# New Release: Exalted Deathbringer



## Lord of the Night (Nov 18, 2009)

The Khornate geared releases continue this weekend with the unveiling of the newest Khorne Lord, the Exalted Deathbringer;










http://www.games-workshop.com/en-GB/Khorne-Bloodbound-Exalted-Deathbringer

This is my favourite Chaos release for a long time, the Daemonic Warrior idea is a brilliant one and I love the details on this figure. And that axe is awesome, it's just begging to be used on a Daemon Prince model. Hell this figure could be a Daemon Prince, it has the look already.


LotN


----------



## Charandris (Nov 27, 2012)

Disputes being £17, I'm definitely gunna get this guy. He's just exactly what I've wanted from a chaos champ for a while. He has that semi beatial look like the games day sorcerer, and has just the right level of detail. 
And he'll look just oh so awesome with the new travers with great weapons.
Nice to see the new AoS releases being covered again too (Y)


----------



## Einherjar667 (Aug 23, 2013)

I love all the love that marauders are getting. Boxes of 20, and now an HQ type choice that is heavily blessed by the Chaos Gods? Hell yeah! Plus, that axe is amazing.


----------



## Orochi (Jan 28, 2009)

Overall a great model, with only a couple of gripes. Not sure on the talon gauntlet, and not overly keen on his 'derp smile' expression. Not fierce or scary - derpy. The Plastic Daemon Prince head with the horns in a similar position has the same problem. Just take the face from the Metal/Resin CSM Daemon prince & rinse and repeat that one.

Also, I know Chaos fantasy models have always been kind of boxey, but his physic isn't overly dissimilar to that of the 40k Orks - chunky legs and a barrel torso.
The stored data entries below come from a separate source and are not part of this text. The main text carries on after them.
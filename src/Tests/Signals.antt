-- ===== src/Tests/Signals.antt =====
-- Runs of a worker of MergeStage under signals, of the monitor's listener, and of a request from KNN on.
use ddrop.Base.{
  ℕ, ◌+◌, ◌==◌, ◌≡◌, refl, true, false, none, some, List, [], ◌∷◌, ◌++◌, if◌then◌else◌,
}
use ddrop.Base.Int.{pos, pos_part}
use ddrop.Float.{whole_float}
use ddrop.Timex.{LatencyTracker}
use ddrop.Knnc.Items.{ScoreItem}
use ddrop.Knnc.SearchSpaces.Scanning.{Producer}
use ddrop.Knnc.Stages.{MergeStagePartialArgs, fresh_items, merge_worker}
use ddrop.Knnc.Stages.Signals.{
  Selected, merge_selected, cut, batches_of, labelled, merge_selected-cut,
}
use ddrop.Requestman.Containers.{DistancerContainer}
use ddrop.Requestman.Handle.{Handle}
use ddrop.Requestman.Monitor.{TimedLinkedList, KnnMonItemAvg}
use ddrop.Requestman.Monitor.Listener.{Arrival, Listener, register}
use ddrop.Requestman.Monitor.Listener.Forwarding.{
  sent_on, arriving, registrations_of, ending, register-forwards,
}
use ddrop.Requestman.Namespaces.{NamespacesItem}
use ddrop.Requestman.Query.Consume.{new_knn_request}
use ddrop.Requestman.Queue.{QueueItem}
use ddrop.Tests.Requests.{request, spaces_args, tracker_args}
use ddrop.Tests.Spaces.{stage_args}
use ddrop.Tests.Stages.{scored}

abbrev merge_args : MergeStagePartialArgs
merge_args = record { k = pos 2; ascending = true; send_interval = pos 2; stage = stage_args }

abbrev selected : ℕ → Selected
selected i =
    if i == 2 then Selected.is_late else if i == 4 then Selected.sends else Selected.cancels

abbrev five : List (ScoreItem ℕ ℕ)
five = scored ∷ (scored ∷ (scored ∷ (scored ∷ (scored ∷ []))))

merge_selected-cut_example :
    let batches = labelled merge_args (fresh_items merge_args) 1 five in
    (batches_of batches ≡ merge_worker merge_args five)
    × (merge_selected merge_args selected (fresh_items merge_args) 1 five ≡ cut selected batches)
merge_selected-cut_example = merge_selected-cut selected merge_args five

abbrev arrivals : List (Arrival ℕ ℕ)
arrivals =
    record {
      score_items = scored ∷ [];
      now = 4;
      registered_at = 5;
      merged_at = 6;
      stamped_at = 7;
      sends = true;
    }
    ∷ (record {
      score_items = [];
      now = 9;
      registered_at = 10;
      merged_at = 11;
      stamped_at = 12;
      sends = false;
    }
        ∷ [])

abbrev no_averages : TimedLinkedList (KnnMonItemAvg ℕ)
no_averages = record { inner = []; max_chain_link_n = pos 3; min_chain_link_size = pos 15 }

register-forwards_example :
    (r : Listener ℕ ℕ) × (register pos_part
        (λ x. pos 0)
        1
        no_averages
        (pos 2)
        1
        (arriving arrivals ++ ending true)
      ≡ (some r, true))
    × (r.out ≡ sent_on arrivals)
    × (r.registrations ≡ registrations_of pos_part (λ x. pos 0) 1 (pos 2) 1 arrivals)
register-forwards_example =
    register-forwards pos_part (λ x. pos 0) 1 (pos 2) no_averages 1 2 arrivals true refl

abbrev tracker : LatencyTracker
tracker = record { chain = []; cfg = tracker_args }

abbrev entry : NamespacesItem (List ℕ)
entry = record {
  latency = some tracker;
  search_spaces = record {
    spaces = [];
    capacity = 2;
    max_cap = pos 3;
    uniform_dim = 0;
    maintenance_interval = pos 1;
    maintenance_active = true;
  };
}

abbrev handle : Handle (List ℕ)
handle = record {
  knn_namespaces = record {
    items = ("cats", entry) ∷ [];
    new_search_space_args = spaces_args;
    new_latency_tracker_args = tracker_args;
  };
  queue_latency = some tracker;
  queue_buf = pos 1;
  max_concurrent = pos 1;
  monitor_max_chain_link_n = pos 2;
  monitor_min_chain_link_size = pos 10;
}

abbrev clock : ℕ → ℕ
clock k = k

abbrev tracked : ℕ → LatencyTracker
tracked t = record tracker {
  chain = record { created = t; cumulative_latency = pos 0; n_waiters = 0 } ∷ [];
}

abbrev taken : QueueItem ℕ (DistancerContainer (List ℕ))
taken = record {
  latency = some (tracked 5);
  search_spaces = some entry.search_spaces;
  request = new_knn_request request 8;
}

abbrev after : Handle (List ℕ)
after = record handle {
  knn_namespaces = record handle.knn_namespaces {
    items = ("cats", record entry { latency = some (tracked 5) }) ∷ [];
  };
  queue_latency = some (tracked 1);
}

abbrev found : ScoreItem ℕ (DistancerContainer (List ℕ))
found = record {
  distancer = some (record { d = some (3 ∷ []); expires = none });
  score = 3;
  set = true;
}

abbrev found_batches : List (List (ScoreItem ℕ (DistancerContainer (List ℕ))))
found_batches = (found ∷ []) ∷ []

abbrev turn : ℕ → ℕ
turn k = 20 + k

-- What the pipeline delivers for a scan, whatever it starts with.
abbrev delivered :
    Producer (DistancerContainer (List ℕ)) → List (List (ScoreItem ℕ (DistancerContainer (List ℕ))))
delivered p = found_batches
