-- ===== src/Timex/Chain.antt =====
-- The shape of the chain: a bounded number of links, spaced by the minimal link size.
use ddrop.Base.{
  ℕ, zero, suc, ◌+◌, ◌≤◌, ◌<◌, ◌≡◌, refl, true, List, [], ◌∷◌, some, arith, length, take,
  length-take, subst, sym, ap,
}
use ddrop.Base.Int.{ℤ, pos, negsuc, pos_part, ltb_ℤ}
use ddrop.Timex.{
  Link, LatencyTracker, NewLatencyTrackerArgs, args_ok, trim_tail, add_head, renew_head, maintain,
  register_head, register, new_latency_tracker,
}

-- Each link was created at least the given time after the next one.
abbrev pub Spaced : ℕ → List Link → Type 0
Spaced size [] = Unit
Spaced size (a ∷ []) = Unit
Spaced size (a ∷ b ∷ links) = (b.created + size ≤ a.created) × Spaced size (b ∷ links)

pub record IsValid (lt : LatencyTracker) : Type 0 where
  pub configured : args_ok lt.cfg ≡ true
  pub bounded : length lt.chain ≤ pos_part lt.cfg.max_chain_link_n
  pub spaced : Spaced (pos_part lt.cfg.min_chain_link_size) lt.chain

trim_tail-eq-take :
    (m n j : ℕ) (links : List Link) → m ≡ n + j → trim_tail (pos m) n links ≡ take (suc j) links
unfolding trim_tail
trim_tail-eq-take m n j [] h = refl
trim_tail-eq-take m n zero (l ∷ links) h = ground arith
trim_tail-eq-take m n (suc j) (l ∷ links) h =
    ground (arith, trim_tail-eq-take m (n + 1) j links (omega arith))

Spaced-take : (size n : ℕ) (links : List Link) → Spaced size links → Spaced size (take n links)
Spaced-take size zero links h = tt
Spaced-take size (suc n) [] h = tt
Spaced-take size (suc zero) (a ∷ []) h = tt
Spaced-take size (suc (suc n)) (a ∷ []) h = tt
Spaced-take size (suc zero) (a ∷ b ∷ links) h = tt
Spaced-take size (suc (suc n)) (a ∷ b ∷ links) h = (h.0, Spaced-take size (suc n) (b ∷ links) h.1)

trim_tail_positive :
    (m : ℤ) (links : List Link)
    → ltb_ℤ (pos 0) m ≡ true
    → trim_tail m 1 links ≡ take (pos_part m) links
trim_tail_positive (pos zero) links h = absurd (ground arith)
trim_tail_positive (pos (suc j)) links h = trim_tail-eq-take (suc j) 1 j links (omega arith)
trim_tail_positive (negsuc n) links h = absurd (ground arith)

-- The links that maintain keeps: as many as allowed of the old chain with its new heads.
pub maintained : LatencyTracker → ℕ → ℕ → ℕ → List Link
maintained lt t0 t1 t2 = renew_head lt.cfg.min_chain_link_size (add_head lt.chain t0) t1 t2

maintain-eq-take :
    (lt : LatencyTracker) (t0 t1 t2 : ℕ)
    → args_ok lt.cfg ≡ true
    → (maintain lt t0 t1 t2).chain
      ≡ take (pos_part lt.cfg.max_chain_link_n) (maintained lt t0 t1 t2)
unfolding maintain maintained args_ok
maintain-eq-take lt t0 t1 t2 h = trim_tail_positive lt.cfg.max_chain_link_n _ (ground arith)

Spaced-renew :
    (size : ℤ) (links : List Link) (t0 t1 t2 : ℕ)
    → ltb_ℤ (pos 0) size ≡ true
    → t1 ≤ t2
    → Spaced (pos_part size) links
    → Spaced (pos_part size) (renew_head size (add_head links t0) t1 t2)
unfolding renew_head add_head
Spaced-renew size [] t0 t1 t2 p c h = ground arith
Spaced-renew size (a ∷ links) t0 t1 t2 p c h = ground arith

length-maintained : (lt : LatencyTracker) (t0 t1 t2 : ℕ) → 0 < length (maintained lt t0 t1 t2)
unfolding maintained renew_head add_head
length-maintained lt t0 t1 t2 = ground arith

positive_sizes :
    (args : NewLatencyTrackerArgs)
    → args_ok args ≡ true
    → (0 < pos_part args.max_chain_link_n) × (ltb_ℤ (pos 0) args.min_chain_link_size ≡ true)
unfolding args_ok
positive_sizes args h = ground arith

-- Where the clock does not go back, maintain keeps a tracker valid: at most MaxChainLinkN links,
-- each at least MinChainLinkSize younger than the next. It leaves a head, keeps the configuration,
-- and its links are the first MaxChainLinkN of the old ones behind the new heads.
pub maintain-IsValid :
    (lt : LatencyTracker) (t0 t1 t2 : ℕ)
    → t1 ≤ t2
    → IsValid lt
    → let lt' = maintain lt t0 t1 t2 in
      IsValid lt'
      × (0 < length lt'.chain)
      × (lt'.cfg ≡ lt.cfg)
      × (lt'.chain ≡ take (pos_part lt.cfg.max_chain_link_n) (maintained lt t0 t1 t2))
unfolding maintain maintained
maintain-IsValid lt t0 t1 t2 c v =
    let n = pos_part lt.cfg.max_chain_link_n in
    let size = lt.cfg.min_chain_link_size in
    let links = maintained lt t0 t1 t2 in
    let e : (maintain lt t0 t1 t2).chain ≡ take n links =
      maintain-eq-take lt t0 t1 t2 v.configured in
    let (some_links, some_size) = positive_sizes lt.cfg v.configured in
    (
      record {
        configured = v.configured;
        bounded = omega (arith, ap length e, length-take n links);
        spaced = subst (Spaced (pos_part size)) (sym e) (
            Spaced-take (pos_part size) n links
              (Spaced-renew size lt.chain t0 t1 t2 some_size c v.spaced));
      },
      omega (arith, ap length e, length-take n links, length-maintained lt t0 t1 t2),
      refl,
      e,
    )

register_head-Spaced :
    (size : ℕ) (links : List Link) (delta : ℤ)
    → Spaced size links
    → Spaced size (register_head links delta)
unfolding register_head
register_head-Spaced size [] delta h = tt
register_head-Spaced size (a ∷ []) delta h = tt
register_head-Spaced size (a ∷ b ∷ links) delta h = h

length-register_head :
    (links : List Link) (delta : ℤ) → length (register_head links delta) ≡ length links
unfolding register_head
length-register_head [] delta = refl
length-register_head (a ∷ links) delta = refl

-- Register keeps a tracker valid, where the clock does not go back.
register-IsValid :
    (lt : LatencyTracker) (delta : ℤ) (t0 t1 t2 : ℕ)
    → t1 ≤ t2
    → IsValid lt
    → IsValid (register lt delta t0 t1 t2)
unfolding register maintain
register-IsValid lt delta t0 t1 t2 c v =
    let lt' = maintain lt t0 t1 t2 in
    let v' = (maintain-IsValid lt t0 t1 t2 c v).0 in
    record {
      configured = v.configured;
      bounded = omega (arith, length-register_head lt'.chain delta, v'.bounded);
      spaced = register_head-Spaced _ lt'.chain delta v'.spaced;
    }

new_latency_tracker-IsValid :
    (args : NewLatencyTrackerArgs) {lt : LatencyTracker}
    → new_latency_tracker args ≡ some lt
    → IsValid lt
unfolding new_latency_tracker
new_latency_tracker-IsValid args e = ground arith
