-- ===== src/Timex/Window.antt =====
-- The average: over all links of the window, though the traversal stops at the first one outside.
use ddrop.Base.{
  ℕ, ◌+◌, ◌≤◌, ◌<◌, length, ◌≡◌, refl, ap, ◌∙◌, ◌==◌, inl, inr, Bool, false, List, [], ◌∷◌, arith,
  if◌then◌else◌, Bool-cases,
}
use ddrop.Base.Int.{ℤ, pos, sub_ℕ, leb_ℤ, ◌+ℤ◌, ◌*ℤ◌, ◌/ℤ◌}
use ddrop.Timex.{
  Link, LatencyTracker, Sums, add_link, maintain, register, register_head, traverse, quotient,
  average,
}
use ddrop.Timex.Chain.{Spaced, IsValid, maintain-IsValid}

abbrev in_window : ℕ → ℤ → Link → Bool
in_window stamp period l = leb_ℤ (sub_ℕ stamp l.created) period

-- The links created in the period before the stamp, or after the stamp.
pub window : ℕ → ℤ → List Link → List Link
window stamp period [] = []
window stamp period (l ∷ links) =
    let rest = window stamp period links in if in_window stamp period l then l ∷ rest else rest

-- The sums over all links of a list.
pub totals : Sums → List Link → Sums
totals s [] = s
totals s (l ∷ links) = totals (add_link s l) links

abbrev pub no_sums : Sums
no_sums = record { cumulative_wait = pos 0; n_waiters = 0 }

in_window_mono :
    (stamp : ℕ) (period : ℤ) (a b : Link)
    → b.created ≤ a.created
    → in_window stamp period a ≡ false
    → in_window stamp period b ≡ false
in_window_mono stamp period a b h out = ground arith

-- Behind a link outside the window all links are outside.
window_end :
    (size stamp : ℕ) (period : ℤ) (a : Link) (links : List Link)
    → Spaced size (a ∷ links)
    → in_window stamp period a ≡ false
    → window stamp period links ≡ []
unfolding window
window_end size stamp period a [] h out = refl
window_end size stamp period a (b ∷ links) h out =
    let out_b = in_window_mono stamp period a b (omega arith) out in
    rw out_b (window_end size stamp period b links h.1 out_b)

Spaced-tail :
    (size : ℕ) (a : Link) (links : List Link) → Spaced size (a ∷ links) → Spaced size links
Spaced-tail size a [] h = tt
Spaced-tail size a (b ∷ links) h = h.1

traverse-eq-totals :
    (size stamp : ℕ) (period : ℤ) (s : Sums) (links : List Link)
    → Spaced size links
    → traverse stamp period s links ≡ totals s (window stamp period links)
unfolding traverse totals window
traverse-eq-totals size stamp period s [] h = refl
traverse-eq-totals size stamp period s (l ∷ links) h =
    elim (Bool-cases (in_window stamp period l)) [
      | inl inside ↦
          rw inside
            (traverse-eq-totals size stamp period (add_link s l) links (Spaced-tail size l links h))
      | inr outside ↦ rw (outside, window_end size stamp period l links h outside)
    ]

-- The latencies of some links together, on top of another, and their registrations.
abbrev pub latency_of : ℤ → List Link → ℤ
latency_of latency [] = latency
latency_of latency (l ∷ links) = latency_of (latency +ℤ l.cumulative_latency) links

abbrev pub registrations_of : List Link → ℕ
registrations_of [] = 0
registrations_of (l ∷ links) = l.n_waiters + registrations_of links

totals-eq :
    (s : Sums) (links : List Link)
    → ((totals s links).cumulative_wait ≡ latency_of s.cumulative_wait links)
      × ((totals s links).n_waiters ≡ s.n_waiters + registrations_of links)
unfolding totals
totals-eq s [] = (refl, omega arith)
totals-eq s (l ∷ links) =
    let (latency, n) = totals-eq (add_link s l) links in (latency, omega (arith, n))

-- On a valid tracker, where the clock does not go back, Average maintains the tracker, and tells
-- whether the period is at most the size of a link times the number of links. It returns 0 where the
-- links created in the period count no registration, and else the quotient of the latencies of these
-- links together, rounded towards zero, and of the number of registrations that they count.
pub average-eq-window :
    (lt : LatencyTracker) (period : ℤ) (stamp t0 t1 t2 : ℕ)
    → t1 ≤ t2
    → IsValid lt
    → let r = average lt period stamp t0 t1 t2 in
      let lt' = maintain lt t0 t1 t2 in
      let links = window stamp period lt'.chain in
      let n = registrations_of links in
      (r.0.0 ≡ (if n == 0 then pos 0 else ◌/ℤ◌ (latency_of (pos 0) links) n))
      × (r.0.1 ≡ leb_ℤ period (lt.cfg.min_chain_link_size *ℤ lt.cfg.max_chain_link_n))
      × (r.1 ≡ lt')
unfolding average quotient
average-eq-window lt period stamp t0 t1 t2 c v =
    let v' = (maintain-IsValid lt t0 t1 t2 c v).0 in
    let links = window stamp period (maintain lt t0 t1 t2).chain in
    let (latency, n) = totals-eq no_sums links in
    let same : (totals no_sums links).n_waiters ≡ registrations_of links = omega (arith, n) in
    (
      ap quotient (traverse-eq-totals _ stamp period no_sums _ v'.spaced)
          ∙ ap (λ m. if m == 0 then pos 0 else ◌/ℤ◌ (totals no_sums links).cumulative_wait m) same
          ∙ ap (λ z. if registrations_of links == 0 then pos 0 else ◌/ℤ◌ z (registrations_of links))
              latency,
      refl,
      refl,
    )

nonempty :
    (links : List Link) → 0 < length links → (a : Link) × (rest : List Link) × (links ≡ a ∷ rest)
nonempty [] h = elim h [ ]
nonempty (a ∷ rest) h = (a, rest, refl)

-- On a valid tracker, where the clock does not go back, Register adds one registration of its latency to the head that it leaves, and changes neither the
-- other links nor the creation time of the head.
pub register_lem :
    (lt : LatencyTracker) (delta : ℤ) (t0 t1 t2 : ℕ)
    → t1 ≤ t2
    → IsValid lt
    → let lt' = maintain lt t0 t1 t2 in
      (head : Link) × (rest : List Link) × (lt'.chain ≡ head ∷ rest)
      × ((register lt delta t0 t1 t2).chain
          ≡ record {
            created = head.created;
            cumulative_latency = head.cumulative_latency +ℤ delta;
            n_waiters = head.n_waiters + 1;
          }
            ∷ rest)
unfolding register register_head
register_lem lt delta t0 t1 t2 c v =
    let lt' = maintain lt t0 t1 t2 in
    let (head, rest, e) = nonempty lt'.chain (maintain-IsValid lt t0 t1 t2 c v).1 in
    (head, rest, e, ap (λ links. register_head links delta) e)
This is entirely personal preference, but I preferred the leaner, canine look that the Bloodletters have had in their last two model styles. This guy looks like they are taking Khorne models back to the bull-like style they have prior to this. Not a fan.


----------



## Einherjar667 (Aug 23, 2013)

Orochi said:


> Overall a great model, with only a couple of gripes. Not sure on the talon gauntlet, and not overly keen on his 'derp smile' expression. Not fierce or scary - derpy. The Plastic Daemon Prince head with the horns in a similar position has the same problem. Just take the face from the Metal/Resin CSM Daemon prince & rinse and repeat that one.
> 
> Also, I know Chaos fantasy models have always been kind of boxey, but his physic isn't overly dissimilar to that of the 40k Orks - chunky legs and a barrel torso. This is entirely personal preference, but I preferred the leaner, canine look that the Bloodletters have had in their last two model styles. This guy looks like they are taking Khorne models back to the bull-like style they have prior to this. Not a fan.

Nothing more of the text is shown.